▶ **Task to carry out**:
Repeat each entry below exactly.

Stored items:
------------------------------------------------

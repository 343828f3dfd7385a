-- ===== src/NodeSync/Loop.antt =====
-- The control loop of virtual_kubelet/node/node.go, `Run`, and the notifications that feed the loop
-- (provider/vnode_provider.go).
use virtual_kubelet.Common.{Bool, Option, List, [], ◌∷◌, ℤ, if◌then◌else◌}
use virtual_kubelet.Kube.Nodes.{KubeNode, NodeStatusData}
use virtual_kubelet.NodeObject.{merge_node_from_provider}
use virtual_kubelet.Pods.{Outcome, ok, panic, error}
use virtual_kubelet.NodeSync.{
  Answer, failed, answered, Api, Attempt, RetryOnConflict, Controller, Handler, update_status,
  ensure_node,
}

module _ {S : Type 0} (api : Api S) (retry : RetryOnConflict (Attempt S)) where
  -- What the loop takes over from a node that the provider sends.
  unfoldable pub take_over : KubeNode → Controller S → Controller S
  take_over sent c = record c {
    provider_node = record c.provider_node {
      taints = sent.taints;
      status = sent.status;
      annotations = sent.annotations;
      labels = sent.labels;
    };
  }

  -- An error of the update is only logged.
  unfoldable pub go_on : Outcome × Controller S → Outcome × Controller S → Outcome × Controller S
  go_on (panic, c) rest = (panic, c)
  go_on (_, c) rest = rest

  -- The nodes that arrive, each with the time, until the context ends.
  unfoldable pub control_loop :
      Option (Handler api retry) → List (KubeNode × ℤ) → Controller S → Outcome × Controller S
  unfolding take_over update_status go_on
  control_loop handler [] c = (ok, c)
  control_loop handler ((sent, now) ∷ rest) c =
      let r = update_status api retry now handler (take_over sent c) in
      go_on r (control_loop handler rest r.1)

  unfoldable pub loop_if_ok :
      Option (Handler api retry)
      → List (KubeNode × ℤ)
      → Outcome × Controller S
      → Outcome × Controller S
  unfolding control_loop
  loop_if_ok handler sent (ok, c) = control_loop handler sent c
  loop_if_ok handler sent (panic, c) = (panic, c)
  loop_if_ok handler sent (error e, c) = (error e, c)

  -- `Run`: the provider's node starts as a copy of the server's.
  unfoldable pub run :
      Option (Handler api retry) → ℤ → List (KubeNode × ℤ) → Controller S → Outcome × Controller S
  unfolding ensure_node loop_if_ok
  run handler now sent c =
      loop_if_ok handler sent
        (ensure_node api retry now (record c { provider_node = c.server_node }))

-- What `Notify` does with the answer of the cache: `registered` is whether the controller has set
-- the callback, without which the call panics.
pub data Notified : Type 0 where
  skipped notify_panic : Notified
  sent : KubeNode → Notified

unfoldable pub notify : Bool → Answer → NodeStatusData → Notified
unfolding merge_node_from_provider
notify registered (failed e) report = skipped
notify registered (answered node) report =
    if registered then sent (merge_node_from_provider node report) else notify_panic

------------------------------------------------

▶ **Response to the task**:
repository 343828f3dfd7385a
-- ===== src/NodeSync/Loop.antt =====
-- The control loop of virtual_kubelet/node/node.go, `Run`, and the notifications that feed the loop
-- (provider/vnode_provider.go).
use virtual_kubelet.Common.{Bool, Option, List, [], ◌∷◌, ℤ, if◌then◌else◌}
use virtual_kubelet.Kube.Nodes.{KubeNode, NodeStatusData}
use virtual_kubelet.NodeObject.{merge_node_from_provider}
use virtual_kubelet.Pods.{Outcome, ok, panic, error}
use virtual_kubelet.NodeSync.{
  Answer, failed, answered, Api, Attempt, RetryOnConflict, Controller, Handler, update_status,
  ensure_node,
}

module _ {S : Type 0} (api : Api S) (retry : RetryOnConflict (Attempt S)) where
  -- What the loop takes over from a node that the provider sends.
  unfoldable pub take_over : KubeNode → Controller S → Controller S
  take_over sent c = record c {
    provider_node = record c.provider_node {
      taints = sent.taints;
      status = sent.status;
      annotations = sent.annotations;
      labels = sent.labels;
    };
  }

  -- An error of the update is only logged.
  unfoldable pub go_on : Outcome × Controller S → Outcome × Controller S → Outcome × Controller S
  go_on (panic, c) rest = (panic, c)
  go_on (_, c) rest = rest

  -- The nodes that arrive, each with the time, until the context ends.
  unfoldable pub control_loop :
      Option (Handler api retry) → List (KubeNode × ℤ) → Controller S → Outcome × Controller S
  unfolding take_over update_status go_on
  control_loop handler [] c = (ok, c)
  control_loop handler ((sent, now) ∷ rest) c =
      let r = update_status api retry now handler (take_over sent c) in
      go_on r (control_loop handler rest r.1)

  unfoldable pub loop_if_ok :
      Option (Handler api retry)
      → List (KubeNode × ℤ)
      → Outcome × Controller S
      → Outcome × Controller S
  unfolding control_loop
  loop_if_ok handler sent (ok, c) = control_loop handler sent c
  loop_if_ok handler sent (panic, c) = (panic, c)
  loop_if_ok handler sent (error e, c) = (error e, c)

  -- `Run`: the provider's node starts as a copy of the server's.
  unfoldable pub run :
      Option (Handler api retry) → ℤ → List (KubeNode × ℤ) → Controller S → Outcome × Controller S
  unfolding ensure_node loop_if_ok
  run handler now sent c =
      loop_if_ok handler sent
        (ensure_node api retry now (record c { provider_node = c.server_node }))

-- What `Notify` does with the answer of the cache: `registered` is whether the controller has set
-- the callback, without which the call panics.
pub data Notified : Type 0 where
  skipped notify_panic : Notified
  sent : KubeNode → Notified

unfoldable pub notify : Bool → Answer → NodeStatusData → Notified
unfolding merge_node_from_provider
notify registered (failed e) report = skipped
notify registered (answered node) report =
    if registered then sent (merge_node_from_provider node report) else notify_panic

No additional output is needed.